Today has been a fun day, with a dash of gallic flavour. C’est bonne, ca.
Around midday we headed down to the Secret Cinema at Leake Street, the tunnels underneath Waterloo. As usual with Secret Cinema we had no idea what film was going to be shown, just general instructions on what to wear (50s/60s European with a white scarf) and where to turn up. I knew that Secret Cinema involved re-enactments of the film around seeing the film itself, but not much more than that. So, looking a lot smarter than usual for a Saturday afternoon, we rocked up to Leake Street to find a large queue of people entering, and lots of soldiers herding people along, all talking French. I was ‘lucky’ enough to be singled out by the soldiers, and made to stand with my hands against the wall as my identification documents were confiscated. Then after some minutes myself and the other detainees were taken to a dark room, followed by an indoctrination talk with spotlights in our eyes where we were asked to sign out name as belonging to a terrorist organisation. Even knowing that this was all an act it was pretty unnerving, especially when a planted audience member was taken to one side, beaten and thrown in a prison cell to be tortured. Magnifique!
Eventually all us detainees were allowed into the main area, which consisted of a fake souk, food stalls and a bar offering white russians. Could the movie be the Big Lebowski? Perhaps not. After negotiating with someone in French at the casbah I had some new fake identification, one French and one Arabic, with instructions to get a new stamp from a man round the corner. He greeted me as a fellow revolutionary, hugging and showing me his suitcase bombs then giving me a stamp for my French fake ID. My limited Arabic was ignored, thankfully he helped me anyway.. shukran. Then it was off to the Air France counter for a one way ticket to Paris, before that was later blown up and we were suddenly herded into the cinema proper. Finally the film started, it was the 1966 black and white French film, The Battle of Algiers, telling the tale of the Algerian revolution as the French tried to suppress the Algerian freedom fighters/terrorists. Although an old film, it was incredibly relevant to modern days and highly engaging. Good show, even if it wasn’t my original movie guess of Brazil.

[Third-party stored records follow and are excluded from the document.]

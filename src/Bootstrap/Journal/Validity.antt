-- ===== src/Bootstrap/Journal/Validity.antt =====
-- What `validateJournal` accepts, said without the checks.
use sovereignite.Base.{
  passes, ℕ, suc, ◌+◌, ◌≤◌, ◌<◌, Bool, true, false, not, ◌||◌, Option, none, some, List, [], ◌∷◌,
  ==_iff, fail_if-none, fail_if-false, first_error, first_error-none, none-first_error, is_some,
  length, get_elem?, All, ◌≡◌, refl, ◌↔◌, ◌≢◌, arith, ap,
}
use sovereignite.Bootstrap.Step.{
  Step, Component, ordered_steps, same_step-eq, same_step_refl, same_component-eq,
  same_component_refl, step_index,
}
use sovereignite.Bootstrap.Error.{Error}
use sovereignite.Bootstrap.Identifier.{valid_transaction_id}
use sovereignite.Bootstrap.Identifier.Laws.{
  IsPinned, IsDigest, validate_pinned_identifier-IsPinned, valid_sha256-IsDigest,
}
use sovereignite.Bootstrap.Journal.{
  Time, Observation, Evidence, JournalState, Attempt, StepRecord, Failure, Journal,
  expected_components, requires_ready, observation_checks, evidence_checks, shape_checks,
  validate_evidence_shape, failure_message, untimely, record_checks, steps_checks,
  should_be_prepared, is_known_code,
}

abbrev pub IsUtc : Time → Type 0
IsUtc t = (0 < t.instant) × (t.utc ≡ true)

-- In UTC, set, and not after the limit.
abbrev pub IsTimely : Time → Time → Type 0
IsTimely limit t = (0 < t.instant) × (t.utc ≡ true) × (t.instant ≤ limit.instant)

-- An observation of the expected component: pinned, with canonical digests, ready if need be.
pub record IsObservation (readiness : Bool) (o : Observation) (c : Component) : Type 0 where
  pub component : o.component ≡ c
  pub version : IsPinned o.version
  pub artifact : IsDigest o.artifact_sha256
  pub resource : IsDigest o.resource_sha256
  pub ready : readiness ≡ true → o.ready ≡ true

abbrev pub IsEvidence : Bool → Evidence → List Component → Type 0
IsEvidence readiness [] [] = Unit
IsEvidence readiness [] (c ∷ cs) = ⊥
IsEvidence readiness (o ∷ os) [] = ⊥
IsEvidence readiness (o ∷ os) (c ∷ cs) = IsObservation readiness o c × IsEvidence readiness os cs

-- The evidence of a step: one observation for each expected component, in their order.
abbrev pub IsEvidenceOf : Step → Evidence → Type 0
IsEvidenceOf step evidence = IsEvidence (requires_ready step) evidence (expected_components step)

abbrev pub InOrder : Time → List StepRecord → List Step → Type 0
InOrder updated [] ordered = Unit
InOrder updated (r ∷ rs) [] = ⊥
InOrder updated (r ∷ rs) (s ∷ ordered) =
    (r.step ≡ s)
    × IsTimely updated r.completed_at
    × IsEvidenceOf r.step r.evidence
    × InOrder updated rs ordered

abbrev pub IsPreparedTime : Time → Bool → Option Time → Type 0
IsPreparedTime updated true none = ⊥
IsPreparedTime updated true (some t) = IsTimely updated t
IsPreparedTime updated false t = t ≡ none

abbrev pub FitsState : JournalState → Journal → Type 0
FitsState JournalState.in_progress j = (j.failure ≡ none) × (length j.steps ≢ 9)
FitsState JournalState.complete j =
    (length j.steps ≡ 9) × (j.current ≡ none) × (j.failure ≡ none) × (j.prepared ≡ true)
FitsState JournalState.failed j = is_some j.failure ≡ true
FitsState (JournalState.other_state s) j = ⊥

abbrev pub IsNextAttempt : Journal → Option Attempt → Type 0
IsNextAttempt j none = Unit
IsNextAttempt j (some a) =
    (get_elem? ordered_steps (length j.steps) ≡ some a.step)
    × (0 < a.attempts)
    × IsTimely j.updated_at a.started_at

abbrev pub IsFailure : Journal → Option Failure → Type 0
IsFailure j none = Unit
IsFailure j (some f) =
    (is_some (step_index f.step) ≡ true)
    × (is_known_code f.code ≡ true)
    × (f.message ≡ failure_message f.step f.code)
    × IsTimely j.updated_at f.at_time

pub record IsValid (j : Journal) : Type 0 where
  pub version : j.version ≡ 1
  pub revision : 0 < j.revision
  pub transaction_id : valid_transaction_id j.transaction_id ≡ true
  pub bootstrap_version : IsPinned j.bootstrap_version
  pub configuration : IsDigest j.configuration_sha256
  pub updated : IsUtc j.updated_at
  pub bounded : length j.steps ≤ 9
  pub steps : InOrder j.updated_at j.steps ordered_steps
  pub prepared : j.prepared ≡ should_be_prepared j
  pub prepared_time : IsPreparedTime j.updated_at j.prepared j.prepared_at
  pub state : FitsState j.state j
  pub current : IsNextAttempt j j.current
  pub failure : IsFailure j j.failure

pub not_untimely : (limit t : Time) → (untimely limit t ≡ false) ↔ IsTimely limit t
not_untimely limit t = (λ h. ground arith, λ h. ground arith)

both_true : (a b : Bool) → (not a || not b) ≡ false → (a ≡ true) × (b ≡ true)
both_true a b h = ground arith

observation_checks-IsObservation :
    (readiness : Bool) (index : ℕ) (o : Observation) (c : Component)
    → (first_error (observation_checks readiness index o c) ≡ none) ↔ IsObservation readiness o c
observation_checks-IsObservation readiness index o c = (
  λ h.
      let p = first_error-none (observation_checks readiness index o c) h in
      let digests = both_true _ _ (fail_if-none _ _ p.1.1.0) in
      record {
        component = same_component-eq _ _ (passes _ _ p.0);
        version = (validate_pinned_identifier-IsPinned _ _).0 p.1.0;
        artifact = (valid_sha256-IsDigest _).0 digests.0;
        resource = (valid_sha256-IsDigest _).0 digests.1;
        ready = λ r. ground (arith, fail_if-none _ _ p.1.1.1.0);
      },
  λ h. none-first_error (observation_checks readiness index o c) (
    rw (h.component, same_component_refl c) refl,
    (
      (validate_pinned_identifier-IsPinned _ _).1 h.version,
      (
        rw ((valid_sha256-IsDigest _).1 h.artifact, (valid_sha256-IsDigest _).1 h.resource) refl,
        (fail_if-false _ _ (ground (arith, h.ready)), tt),
      ),
    ),
  ),
)

abbrev pub AllPass : List (Option Error) → Type 0
AllPass = All (λ r. r ≡ none)

evidence_checks-IsEvidence :
    (readiness : Bool) (index : ℕ) (os : Evidence) (cs : List Component)
    → length os ≡ length cs
    → AllPass (evidence_checks readiness index os cs) ↔ IsEvidence readiness os cs
unfolding evidence_checks
evidence_checks-IsEvidence readiness index [] [] e = (λ h. h, λ h. h)
evidence_checks-IsEvidence readiness index [] (c ∷ cs) e = absurd (omega arith)
evidence_checks-IsEvidence readiness index (o ∷ os) [] e = absurd (omega arith)
evidence_checks-IsEvidence readiness index (o ∷ os) (c ∷ cs) e =
    let here = observation_checks-IsObservation readiness index o c in
    let rest = evidence_checks-IsEvidence readiness (index + 1) os cs (omega arith) in
    (λ h. (here.0 h.0, rest.0 h.1), λ h. (here.1 h.0, rest.1 h.1))

pub IsEvidence-length :
    (readiness : Bool) (os : Evidence) (cs : List Component)
    → IsEvidence readiness os cs
    → length os ≡ length cs
IsEvidence-length readiness [] [] h = refl
IsEvidence-length readiness [] (c ∷ cs) h = absurd h
IsEvidence-length readiness (o ∷ os) [] h = absurd h
IsEvidence-length readiness (o ∷ os) (c ∷ cs) h = ap suc (IsEvidence-length readiness os cs h.1)

-- Evidence has the right shape exactly when it has one sound observation of each expected component.
pub validate_evidence_shape-IsEvidenceOf :
    (step : Step) (evidence : Evidence)
    → (validate_evidence_shape step evidence ≡ none) ↔ IsEvidenceOf step evidence
unfolding validate_evidence_shape
validate_evidence_shape-IsEvidenceOf step evidence =
    let cs = expected_components step in
    let loop = evidence_checks-IsEvidence (requires_ready step) 0 evidence cs in
    (
      λ h.
          let p = first_error-none (shape_checks step evidence) h in
          (loop ((==_iff _ _).0 (passes _ _ p.0))).0 (first_error-none _ p.1.0),
      λ h.
          let same_length = IsEvidence-length _ evidence cs h in
          none-first_error (shape_checks step evidence) (
            rw ((==_iff _ _).1 same_length) refl,
            (none-first_error _ ((loop same_length).1 h), tt),
          ),
    )

pub steps_checks-InOrder :
    (updated : Time) (index : ℕ) (rs : List StepRecord) (ordered : List Step)
    → AllPass (steps_checks updated index rs ordered) ↔ InOrder updated rs ordered
unfolding steps_checks
steps_checks-InOrder updated index [] ordered = (λ h. h, λ h. h)
steps_checks-InOrder updated index (r ∷ rs) [] = (λ h. cc, λ h. absurd h)
steps_checks-InOrder updated index (r ∷ rs) (s ∷ ordered) =
    let rest = steps_checks-InOrder updated (index + 1) rs ordered in
    let evidence = validate_evidence_shape-IsEvidenceOf r.step r.evidence in
    let timely = not_untimely updated r.completed_at in
    (
      λ h.
          let p = first_error-none (record_checks updated index r s) h.0 in
          (
            same_step-eq _ _ (passes _ _ p.0),
            timely.0 (fail_if-none _ _ p.1.0),
            evidence.0 p.1.1.0,
            rest.0 h.1,
          ),
      λ h. (
        none-first_error (record_checks updated index r s) (
          rw (h.0, same_step_refl s) refl,
          (fail_if-false _ _ (timely.1 h.1), (evidence.1 h.2, tt)),
        ),
        rest.1 h.3,
      ),
    )
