-- ===== src/Bootstrap/Journal/Accepted.antt =====
-- `validateJournal` accepts exactly the valid journals.
use mathlib.Core.Option.{some-injective}
use sovereignite.Base.{
  same-eq, same_refl, ◌≤◌, ◌<◌, Bool, true, false, not, ◌||◌, Option, none, some, ==_iff, passes,
  fail_if-none, fail_if-false, first_error, first_error-none, none-first_error, length, get_elem?,
  ◌≡◌, refl, ◌↔◌, arith,
}
use sovereignite.Bootstrap.Step.{Step, ordered_steps, same_step-eq, same_step_refl}
use sovereignite.Bootstrap.Identifier.Laws.{
  validate_pinned_identifier-IsPinned, valid_sha256-IsDigest,
}
use sovereignite.Bootstrap.Identifier.{valid_transaction_id}
use sovereignite.Bootstrap.Identifier.Laws.{IsPinned, IsDigest}
use sovereignite.Bootstrap.Journal.{
  Time, JournalState, Attempt, Failure, Journal, failure_message, bad_time, header_checks,
  should_be_prepared, same_bool, prepared_time_check, prepared_checks, state_check, is_not_next,
  current_check, failure_checks, failure_check, journal_checks, validate_journal,
}
use sovereignite.Bootstrap.Journal.Validity.{
  IsUtc, IsPreparedTime, FitsState, IsNextAttempt, IsFailure, IsValid, not_untimely,
  steps_checks-InOrder,
}

record IsHeader (j : Journal) : Type 0 where
  version : j.version ≡ 1
  revision : 0 < j.revision
  transaction_id : valid_transaction_id j.transaction_id ≡ true
  bootstrap_version : IsPinned j.bootstrap_version
  configuration : IsDigest j.configuration_sha256
  updated : IsUtc j.updated_at
  bounded : length j.steps ≤ 9

not_bad_time : (t : Time) → (bad_time t ≡ false) ↔ IsUtc t
not_bad_time t = (λ h. ground arith, λ h. ground arith)

header_checks-IsHeader : (j : Journal) → (first_error (header_checks j) ≡ none) ↔ IsHeader j
header_checks-IsHeader j = (
  λ h.
      let p = first_error-none (header_checks j) h in
      record {
        version = (==_iff _ _).0 (passes _ _ p.0);
        revision = ground (arith, fail_if-none _ _ p.1.0);
        transaction_id = passes _ _ p.1.1.0;
        bootstrap_version = (validate_pinned_identifier-IsPinned _ _).0 p.1.1.1.0;
        configuration = (valid_sha256-IsDigest _).0 (passes _ _ p.1.1.1.1.0);
        updated = (not_bad_time _).0 (fail_if-none _ _ p.1.1.1.1.1.0);
        bounded = ground (arith, fail_if-none _ _ p.1.1.1.1.1.1.0);
      },
  λ h. none-first_error (header_checks j) (
    rw ((==_iff _ _).1 h.version) refl,
    (
      fail_if-false _ _ (ground (arith, h.revision)),
      (
        rw h.transaction_id refl,
        (
          (validate_pinned_identifier-IsPinned _ _).1 h.bootstrap_version,
          (
            rw ((valid_sha256-IsDigest _).1 h.configuration) refl,
            (
              fail_if-false _ _ ((not_bad_time _).1 h.updated),
              (fail_if-false _ _ (ground (arith, h.bounded)), tt),
            ),
          ),
        ),
      ),
    ),
  ),
)

prepared_time_check-IsPreparedTime :
    (updated : Time) (prepared : Bool) (t : Option Time)
    → (prepared_time_check updated prepared t ≡ none) ↔ IsPreparedTime updated prepared t
prepared_time_check-IsPreparedTime updated true none = (λ h. cc, λ h. absurd h)
prepared_time_check-IsPreparedTime updated true (some t) = (
  λ h. (not_untimely updated t).0 (fail_if-none _ _ h),
  λ h. fail_if-false _ _ ((not_untimely updated t).1 h),
)
prepared_time_check-IsPreparedTime updated false none = (λ h. refl, λ h. refl)
prepared_time_check-IsPreparedTime updated false (some t) = (λ h. cc, λ h. cc)

same_bool_iff : (a b : Bool) → (same_bool a b ≡ true) ↔ (a ≡ b)
same_bool_iff true true = (λ h. refl, λ h. refl)
same_bool_iff true false = (λ h. cc, λ h. cc)
same_bool_iff false true = (λ h. cc, λ h. cc)
same_bool_iff false false = (λ h. refl, λ h. refl)

prepared_checks-IsPrepared :
    (j : Journal)
    → (first_error (prepared_checks j) ≡ none)
      ↔ ((j.prepared ≡ should_be_prepared j) × IsPreparedTime j.updated_at j.prepared j.prepared_at)
prepared_checks-IsPrepared j =
    let time = prepared_time_check-IsPreparedTime j.updated_at j.prepared j.prepared_at in
    (
      λ h.
          let p = first_error-none (prepared_checks j) h in
          ((same_bool_iff _ _).0 (passes _ _ p.0), time.0 p.1.0),
      λ h.
          none-first_error (prepared_checks j)
            (rw ((same_bool_iff _ _).1 h.0) refl, (time.1 h.1, tt)),
    )

state_check-FitsState : (s : JournalState) (j : Journal) → (state_check s j ≡ none) ↔ FitsState s j
unfolding state_check
state_check-FitsState JournalState.in_progress j =
    (λ h. (ground arith, ground arith), λ h. ground arith)
state_check-FitsState JournalState.complete j =
    (λ h. (ground arith, ground arith, ground arith, ground arith), λ h. ground arith)
state_check-FitsState JournalState.failed j = (passes _ _, λ h. rw h refl)
state_check-FitsState (JournalState.other_state s) j = (λ h. cc, λ h. absurd h)

is_not_next_iff : (next : Option Step) (s : Step) → (is_not_next next s ≡ false) ↔ (next ≡ some s)
is_not_next_iff none s = (λ h. cc, λ h. cc)
is_not_next_iff (some t) s = (
  λ h. rw (same_step-eq s t (ground arith)) refl,
  λ h. rw (some-injective t s h, same_step_refl s) refl,
)

current_check-IsNextAttempt :
    (j : Journal) (a : Option Attempt) → (current_check a j ≡ none) ↔ IsNextAttempt j a
unfolding current_check
current_check-IsNextAttempt j none = (λ h. tt, λ h. refl)
current_check-IsNextAttempt j (some a) =
    let next = is_not_next_iff (get_elem? ordered_steps (length j.steps)) a.step in
    let timely = not_untimely j.updated_at a.started_at in
    (
      λ h. (next.0 (ground arith), ground arith, timely.0 (ground arith)),
      λ h. rw (next.1 h.0) (fail_if-false _ _ (ground (arith, timely.1 h.2))),
    )

either_false : (a b : Bool) → (a || b) ≡ false → (a ≡ false) × (b ≡ false)
either_false a b h = (ground arith, ground arith)

of_not : (b : Bool) → not b ≡ false → b ≡ true
of_not b h = ground arith

failure_check-IsFailure :
    (j : Journal) (f : Option Failure) → (failure_check f j ≡ none) ↔ IsFailure j f
unfolding failure_check
failure_check-IsFailure j none = (λ h. tt, λ h. refl)
failure_check-IsFailure j (some f) =
    let timely = not_untimely j.updated_at f.at_time in
    (
      λ h.
          let p = first_error-none (failure_checks j f) h in
          let q = either_false _ _ (fail_if-none _ _ p.0) in
          (of_not _ q.0, passes _ _ p.1.0, same-eq _ _ (passes _ _ p.1.1.0), timely.0 q.1),
      λ h. none-first_error (failure_checks j f) (
        rw (h.0, timely.1 h.3) refl,
        (rw h.1 refl, (rw (h.2, same_refl (failure_message f.step f.code)) refl, tt)),
      ),
    )

-- validateJournal accepts a journal exactly when it is valid: its header is sound, its steps are the first
-- ones of the order with timely records and sound evidence, and its preparedness, state, attempt and
-- failure agree with them.
pub validate_journal-IsValid : (j : Journal) → (validate_journal j ≡ none) ↔ IsValid j
unfolding validate_journal
validate_journal-IsValid j =
    let header = header_checks-IsHeader j in
    let steps = steps_checks-InOrder j.updated_at 0 j.steps ordered_steps in
    let prepared = prepared_checks-IsPrepared j in
    let state = state_check-FitsState j.state j in
    let current = current_check-IsNextAttempt j j.current in
    let failure = failure_check-IsFailure j j.failure in
    (
      λ h.
          let p = first_error-none (journal_checks j) h in
          let head = header.0 p.0 in
          let ready = prepared.0 p.1.1.0 in
          record {
            version = head.version;
            revision = head.revision;
            transaction_id = head.transaction_id;
            bootstrap_version = head.bootstrap_version;
            configuration = head.configuration;
            updated = head.updated;
            bounded = head.bounded;
            steps = steps.0 (first_error-none _ p.1.0);
            prepared = ready.0;
            prepared_time = ready.1;
            state = state.0 p.1.1.1.0;
            current = current.0 p.1.1.1.1.0;
            failure = failure.0 p.1.1.1.1.1.0;
          },
      λ h. none-first_error (journal_checks j) (
        header.1 record {
          version = h.version;
          revision = h.revision;
          transaction_id = h.transaction_id;
          bootstrap_version = h.bootstrap_version;
          configuration = h.configuration;
          updated = h.updated;
          bounded = h.bounded;
        },
        (
          none-first_error _ (steps.1 h.steps),
          (
            prepared.1 (h.prepared, h.prepared_time),
            (state.1 h.state, (current.1 h.current, (failure.1 h.failure, tt))),
          ),
        ),
      ),
    )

I love events like Secret Cinema and suspect we will see increasing numbers of this sort of thing as modern media struggles to keep up with our changed attention spans and home cinema systems. Last week in New York I was lucky enough to see the new Punchdrunk show, Sleep No More, a dark, dance extravaganza set across five floors in three warehouses that I highly recommend you check out as they’ve extended their run till June. Although a very different beast, the high art of modern dance versus the ‘lower’ art of cinema, both events engage you in a similar way – you have a very unique experience, that generally equates to the more you put in, the more you get out – as opposed to normal media experience that is just a passive ‘sit and receive’ transaction.
Punchdrunk are particularly good at these engaged experiences, creating dark, cavernous spaces with literally no clues as to where you find the actual show. You can walk around for the entire time and see no performance at all, just fellow spectators where masques. Then suddenly you find a performer who you watch and follow as you choose. These performers could just be walking along, or suddenly they could do the most amazing dances up walls, or get naked in a techno rave or just grab you and look at you intently then run off elsewhere. How you react to the performance is up to you, but the more you put in by following the performers – sometimes running up stairs at a quick pace (so glad I’ve been running more recently) – the more you get back by finding strange hidden rooms and wonderful experiences that stay with you. In my head I have this image of a sea of masked faces watching one of the performers disrobe and stand in front of a bathtub that will likely stay with me the rest of my life, a scene that likely few other people have as opposed to the exact shared images of every movie or stage show. A Punchdrunk show is an experience I recommend to everyone without exception.
However in the absence of any more engaged experiences today, the French theme continued with the biopic Gainsbourg, a movie about the troubled musical genius, Serge Gainsbourg. More good stuff and highly recommended, especially si tu veut pratiquer ta francais. Et maintenant, bonne nuit a tous. A demain.